Beim Wasser ist gut denken.

Fürs Foto treffen wir uns unweit ihrer Wohnung – «da kann ich auch um Mitternacht Klavier spielen». Bei Martina Reiter geht Musikmachen seit jeher mit dem Organisieren dieser Musik einher, bei den genannten Formationen erledigt sie mit ihrem Mann das «Management». Den Hauptteil des Geldes, das Martina zum Leben braucht, spielt sie als freie Orchestermusikerin ein. «Dabei war und ist es gleichzeitig immer ein Thema, wo arbeite ich, wie arbeite ich, wie sind die Rahmenbedingungen …» Dieses – deregulierte – Feld war über ihr Engagement in der Orchestervertretung der Weg hin zur Arbeit mit und an der IG Freie Musikschaffende. Mensch darf nicht dem Irrtum aufsitzen, dass der Bereich der Klassik an sich bezüglich Arbeitsbedingungen und Entlohnungen weniger prekär wäre als andere. Die Freischaffenden bedienen besser verankerte und gesicherte Institutionen und KV-Orchester zu Hilfsarbeiter_innen-«Gagen». «Es gibt keine Kunst und keine Kultur ohne die Menschen, die diese machen. Es geht nicht, dass das ein Personal ohne Rechte ist. Im Herbst 2019 schon war dieser Zustand so unerträglich, dass wir begonnen haben, uns als IG zu organisieren – Corona hat diesen Prozess beschleunigt.» Dabei versteht sich die IG, in der Gründung personell meist aus der Klassik kommend (das Kernteam besteht aus 13 Personen), in ihrer Arbeit als österreichweit und grundsätzlich genreübergreifend.
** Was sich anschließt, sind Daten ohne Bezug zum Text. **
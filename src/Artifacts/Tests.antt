-- ===== src/Artifacts/Tests.antt =====
-- Runs of signing and publication.
use reeva.Prelude.{
  ◌≡◌, refl, sym, ◌∙◌, true, false, none, some, [], ◌∷◌, Memᴰ, Text, lit, ok, same, same_option,
  trim, trim_start, is_space, take, length, ◌==◌, if◌then◌else◌, decimal, decimal_from,
}
use reeva.Model.{Software, Artifact, Catalog, Manifest, Platform, Architecture}
use reeva.Input.{text}
use reeva.Sample.{product, artifact_of, catalog, version_of, provider}
use reeva.Release.{same_manifest, version_text, is_public}
use reeva.Signature.{
  is_sha256, load, build_manifest, Crypto, create_payload, verify_signature, is_signature_text,
  is_payload_text, envelope_of, create_envelope, SignatureEnvelope,
}
use reeva.Signature.Code.{codec_for, encode, parse}
use reeva.Signature.Envelope.{HasKey, IsLoaded, IsCurrent, create_envelope-IsCurrent}
use reeva.Signature.Verify.{IsAccepted, verify_signature-IsAccepted}
use reeva.Artifacts.{find_artifact, save, find_key, assert_valid_signature, publish, set_signature}
use reeva.Artifacts.{build_file_name}
use reeva.Artifacts.Names.{IsSafe, build_file_name-IsSafe}
use reeva.Products
use reeva.Products.{find_software, is_of, active_keys}
use reeva.Products.Required.{
  is_required, key_by_id, check_release, check_releases, releases_of, check_required,
  set_require_signed_updates, IsRelease, IsVerified, set_require_signed_updates-All,
}
use reeva.Artifacts.Publish.{IsPublished, publish-IsPublished}
use reeva.Artifacts.Sign.{IsSigned, set_signature-IsSigned}
use reeva.Artifacts.Public.{HasStore, publish-set_signature-is_public}

abbrev pub key_id : Text
key_id = lit "0123456789012345678901234567890123456789012345678901234567890123"

abbrev pub signature : Text
signature =
    lit "AAAAAAAAAAAAAAAAAAAAAAAAAAAAAAAAAAAAAAAAAAAAAAAAAAAAAAAAAAAAAAAAAAAAAAAAAAAAAAAAAAAAAA"

-- 64 bytes stand for the 86 letters of a signature, and other texts for themselves.
abbrev pub crypto : Crypto
crypto = record {
  decode = λ s. if length s == 86 then take 64 s else s;
  encode = λ bytes. if length bytes == 64 then signature else bytes;
  verify = λ payload key bytes. some true;
}

abbrev pub draft : Artifact
draft = record (artifact_of 51 11 false) { checksum_sha256 = some key_id }

abbrev strict : Software
strict = record product { require_signed_updates = true }

abbrev pub drafts : Catalog
drafts = record catalog {
  software = strict ∷ [];
  keys =
      record { id = 60; software_id = 1; key_id = key_id; public_key = lit "P"; is_active = true }
      ∷ [];
  artifacts = draft ∷ [];
}

abbrev pub manifest : Manifest
manifest = record {
  schema_version = 1;
  software = lit "app";
  version = lit "1.1.0";
  codename = none;
  changelog = none;
  channel = lit "stable";
  platform = some (lit "windows");
  architecture = some (lit "x64");
  file_name = lit "app.zip";
  size_bytes = some 5;
  sha256 = some key_id;
}

abbrev pub signed : Artifact
signed = record draft {
  signature = some signature;
  signature_key_id = some key_id;
  signature_manifest = some manifest;
}

abbrev pub after_sign : Catalog
after_sign = record drafts { artifacts = signed ∷ [] }

sign_run :
    set_signature (codec_for manifest) crypto drafts 51 (text key_id) (text signature)
    ≡ ok (signed, after_sign)
unfolding set_signature find_artifact save find_key is_sha256 load build_manifest create_payload
    verify_signature is_signature_text is_payload_text same same_option same_manifest version_text
    decimal decimal_from trim trim_start is_space encode parse
sign_run = refl

mem-single : {R : Type 0} {r x : R} → Memᴰ x (r ∷ []) → x ≡ r
mem-single (Memᴰ.head e) = e
mem-single (Memᴰ.tail m) = elim m [ ]

pub platform-HasKey : HasKey (λ (p : Platform). p.id) drafts.platforms
platform-HasKey x y m n i = mem-single m ∙ sym (mem-single n)

pub architecture-HasKey : HasKey (λ (r : Architecture). r.id) drafts.architectures
architecture-HasKey x y m n i = mem-single m ∙ sym (mem-single n)

set_signature-IsSigned_example : IsSigned (codec_for manifest) crypto drafts 51 signed after_sign
set_signature-IsSigned_example =
    set_signature-IsSigned (codec_for manifest) crypto drafts 51 (text key_id) (text signature)
      signed after_sign platform-HasKey architecture-HasKey sign_run

abbrev published : Artifact
published = record signed { is_published = true; published_at = some 9 }

abbrev after_publish : Catalog
after_publish = record drafts { artifacts = published ∷ [] }

publish_run : publish (codec_for manifest) crypto after_sign 51 9 ≡ ok (published, after_publish)
unfolding publish find_artifact save find_key assert_valid_signature load build_manifest is_sha256
    create_payload verify_signature is_signature_text is_payload_text same same_option same_manifest
    version_text decimal decimal_from encode parse
publish_run = refl

publish-IsPublished_example :
    IsPublished (codec_for manifest) crypto after_sign 51 9 published after_publish
publish-IsPublished_example =
    publish-IsPublished (codec_for manifest) crypto after_sign 51 9 published after_publish
      publish_run

loaded : IsLoaded after_sign signed strict (version_of 11 1)
unfolding load
loaded = record { version = refl; software = refl }

stored : HasStore after_sign signed
stored = record {
  provider = provider;
  listed = Memᴰ.head refl;
  provider_of = refl;
  live = refl;
  active = refl;
}

publish-set_signature-is_public_example : is_public after_publish (some 1) published ≡ true
publish-set_signature-is_public_example =
    publish-set_signature-is_public (codec_for manifest) crypto drafts after_sign after_publish 51
      (text key_id) (text signature) signed published 9 strict (version_of 11 1) platform-HasKey
      architecture-HasKey sign_run publish_run loaded refl refl stored

abbrev envelope : SignatureEnvelope
envelope = record { payload = lit "AAAA"; signature = signature; key_id = key_id }

envelope_run : create_envelope (codec_for manifest) (load after_sign signed) ≡ ok (some envelope)
unfolding create_envelope envelope_of load build_manifest is_sha256 same same_option same_manifest
    version_text decimal decimal_from encode
envelope_run = refl

create_envelope-IsCurrent_example : IsCurrent (codec_for manifest) (load after_sign signed) envelope
create_envelope-IsCurrent_example =
    create_envelope-IsCurrent (codec_for manifest) (load after_sign signed) envelope envelope_run

verify_run : verify_signature crypto (lit "AAAA") (some signature) (lit "P") ≡ true
unfolding verify_signature is_signature_text is_payload_text same
verify_run = refl

verify_signature-IsAccepted_example :
    IsAccepted crypto (lit "AAAA") signature (lit "P")
    × (crypto.decode signature ≡ crypto.decode signature → signature ≡ signature)
    × (crypto.decode (lit "AAAA") ≡ crypto.decode (lit "AAAA") → lit "AAAA" ≡ lit "AAAA")
verify_signature-IsAccepted_example =
    verify_signature-IsAccepted crypto (lit "AAAA") (lit "AAAA") signature signature (lit "P")
      (lit "P") verify_run verify_run

abbrev nfkd : Text → Text
nfkd s = s

build_file_name-IsSafe_example :
    IsSafe (
      build_file_name nfkd
        (lit "My App!")
        (lit "windows")
        (lit "x64")
        (version_of 11 1)
        (lit "zip"))
build_file_name-IsSafe_example =
    build_file_name-IsSafe nfkd (lit "My App!") (lit "windows") (lit "x64") (version_of 11 1)
      (lit "zip")

require_run :
    set_require_signed_updates (codec_for manifest) crypto after_publish 1 (text (lit "on"))
    ≡ ok (strict ∷ [])
unfolding set_require_signed_updates check_required check_releases check_release key_by_id
    releases_of active_keys is_of find_software Products.save load build_manifest is_sha256
    create_payload verify_signature is_signature_text is_payload_text same same_option same_manifest
    version_text decimal decimal_from encode
require_run = refl

on_run : is_required (text (lit "on")) ≡ true
unfolding same
on_run = refl

published-IsRelease : IsRelease after_publish 1 published
published-IsRelease = record {
  listed = Memᴰ.head refl;
  published = refl;
  unarchived = refl;
  live = refl;
  version = version_of 11 1;
  version_listed = Memᴰ.tail (Memᴰ.head refl);
  version_of = (refl, refl);
  version_active = refl;
}

set_require_signed_updates-All_example :
    IsVerified (codec_for manifest) crypto after_publish 1 published
set_require_signed_updates-All_example =
    set_require_signed_updates-All (codec_for manifest) crypto after_publish 1 (text (lit "on"))
      (strict ∷ []) published on_run require_run published-IsRelease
Es ist eine Arbeit vieler Schritte, wobei Martina Reiter bei Teilen «der
Politik» Bereitschaft sieht, Fairnessprozesse zu ermöglichen. Ihr Appell: «Wenn wir als IG etwas erreichen wollen, brauchen wir eingetragene Mitglieder, je mehr, desto besser. Werdet aktiv Mitglied und helft so mit, dass wir noch ernster genommen werden und noch stärker auftreten können!»